Stored data:
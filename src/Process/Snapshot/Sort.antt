-- ===== src/Process/Snapshot/Sort.antt =====
-- Sorting and merging keep the processes that a list holds.
use pty.Base.{
  ◌≡◌, refl, sym, ap, ◌∙◌, Bool, true, false, ◌||◌, List, [], ◌∷◌, ◌++◌, if◌then◌else◌, int_eq,
  bytes_eq, int_eq_iff, bytes_eq_iff, and_true, or_true, inl, inr, ◌⊎◌, Bool-cases, All,
}
use pty.Process.Snapshot.{
  ProcessIdentity, comes_before, insert_sorted, sort_identities, same_process, holds, add_new,
  merge_identities,
}

or_left_comm : (a b c : Bool) → (a || (b || c)) ≡ (b || (a || c))
or_left_comm true true c = refl
or_left_comm true false c = refl
or_left_comm false true c = refl
or_left_comm false false c = refl

pub or_left : (a b : Bool) → a ≡ true → (a || b) ≡ true
or_left a b k = rw k

pub or_right : (a b : Bool) → b ≡ true → (a || b) ≡ true
or_right true b k = refl
or_right false b k = k

holds-insert_sorted :
    (c x : ProcessIdentity) (l : List ProcessIdentity)
    → holds c (insert_sorted x l) ≡ (same_process x c || holds c l)
unfolding insert_sorted holds
holds-insert_sorted c x [] = refl
holds-insert_sorted c x (y ∷ l) = elim (Bool-cases (comes_before y x)) [
  | inl e ↦ rw e (
      ap (◌||◌ (same_process y c)) (holds-insert_sorted c x l)
      ∙ or_left_comm (same_process y c) (same_process x c) (holds c l))
  | inr e ↦ rw e
]

pub holds-sort_identities :
    (c : ProcessIdentity) (l : List ProcessIdentity) → holds c (sort_identities l) ≡ holds c l
unfolding sort_identities holds
holds-sort_identities c [] = refl
holds-sort_identities c (x ∷ l) =
    holds-insert_sorted c x (sort_identities l)
    ∙ ap (◌||◌ (same_process x c)) (holds-sort_identities c l)

insert_sorted-All {κ} :
    (P : ProcessIdentity → Type κ) (x : ProcessIdentity) (l : List ProcessIdentity)
    → P x
    → All P l
    → All P (insert_sorted x l)
unfolding insert_sorted
insert_sorted-All P x [] h k = (h, tt)
insert_sorted-All P x (y ∷ l) h k = elim (Bool-cases (comes_before y x)) [
  | inl e ↦ rw (e, insert_sorted) (k.0, insert_sorted-All P x l h k.1)
  | inr e ↦ rw (e, insert_sorted) (h, (k.0, k.1))
]

pub sort_identities-All {κ} :
    (P : ProcessIdentity → Type κ) (l : List ProcessIdentity) → All P l → All P (sort_identities l)
unfolding sort_identities
sort_identities-All P [] h = tt
sort_identities-All P (x ∷ l) h =
    insert_sorted-All P x (sort_identities l) h.0 (sort_identities-All P l h.1)

holds-append :
    (c : ProcessIdentity) (xs ys : List ProcessIdentity)
    → holds c (xs ++ ys) ≡ (holds c xs || holds c ys)
unfolding holds
holds-append c [] ys = refl
holds-append c (x ∷ xs) ys =
    ap (◌||◌ (same_process x c)) (holds-append c xs ys)
    ∙ sym (assoc (same_process x c) (holds c xs) (holds c ys))
  where
    assoc : (a b d : Bool) → ((a || b) || d) ≡ (a || (b || d))
    assoc true b d = refl
    assoc false b d = refl

-- Processes are the same when they cannot be told apart by pid and identity.
pub same_process_iff_left :
    (x y c : ProcessIdentity)
    → same_process x y ≡ true
    → same_process y c ≡ true
    → same_process x c ≡ true
same_process_iff_left x y c h k =
    let (p, i) = and_true (int_eq x.pid y.pid) (bytes_eq x.identity y.identity) h in
    rw ((int_eq_iff x.pid y.pid).0 p, (bytes_eq_iff x.identity y.identity).0 i) k

holds-same :
    (x c : ProcessIdentity) (l : List ProcessIdentity)
    → holds x l ≡ true
    → same_process x c ≡ true
    → holds c l ≡ true
unfolding holds
holds-same x c [] h k = cc
holds-same x c (y ∷ l) h k = elim (or_true (same_process y x) (holds x l) h) [
  | inl e ↦ or_left _ (holds c l) (same_process_iff_left y x c e k)
  | inr e ↦ or_right (same_process y c) _ (holds-same x c l e k)
]

add_new_old :
    (c : ProcessIdentity) (into more : List ProcessIdentity)
    → holds c into ≡ true
    → holds c (add_new into more) ≡ true
unfolding add_new
add_new_old c into [] h = h
add_new_old c into (x ∷ more) h = elim (Bool-cases (holds x into)) [
  | inl e ↦ rw (e, add_new) (add_new_old c into more h)
  | inr e ↦
      rw (e, add_new)
        (add_new_old c (into ++ x ∷ []) more (holds-append c into (x ∷ []) ∙ or_left _ _ h))
]

add_new_new :
    (c : ProcessIdentity) (into more : List ProcessIdentity)
    → holds c more ≡ true
    → holds c (add_new into more) ≡ true
unfolding add_new holds
add_new_new c into [] h = cc
add_new_new c into (x ∷ more) h = elim (or_true (same_process x c) (holds c more) h) [
  | inl e ↦ elim (Bool-cases (holds x into)) [
    | inl k ↦ rw (k, add_new) (add_new_old c into more (holds-same x c into k e))
    | inr k ↦
        rw (k, add_new)
          (add_new_old c (into ++ x ∷ []) more
            (holds-append c into (x ∷ []) ∙ or_right (holds c into) _ (or_left _ false e)))
  ]
  | inr e ↦ add_new_new c (if holds x into then into else into ++ x ∷ []) more e
]

-- A merge holds what either list held.
pub holds-merge_identities :
    (c : ProcessIdentity) (into more : List ProcessIdentity)
    → (holds c into ≡ true) ⊎ (holds c more ≡ true)
    → holds c (merge_identities into more) ≡ true
unfolding merge_identities
holds-merge_identities c into more (inl h) =
    holds-sort_identities c (add_new into more) ∙ add_new_old c into more h
holds-merge_identities c into more (inr h) =
    holds-sort_identities c (add_new into more) ∙ add_new_new c into more h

**Exercise**
Every line in the records above that contains the word "unfolding" is to be copied out.

**Answer section**
unfolding insert_sorted holds
unfolding sort_identities holds
unfolding insert_sorted
unfolding sort_identities
unfolding holds
unfolding holds
unfolding add_new
unfolding add_new holds
unfolding merge_identities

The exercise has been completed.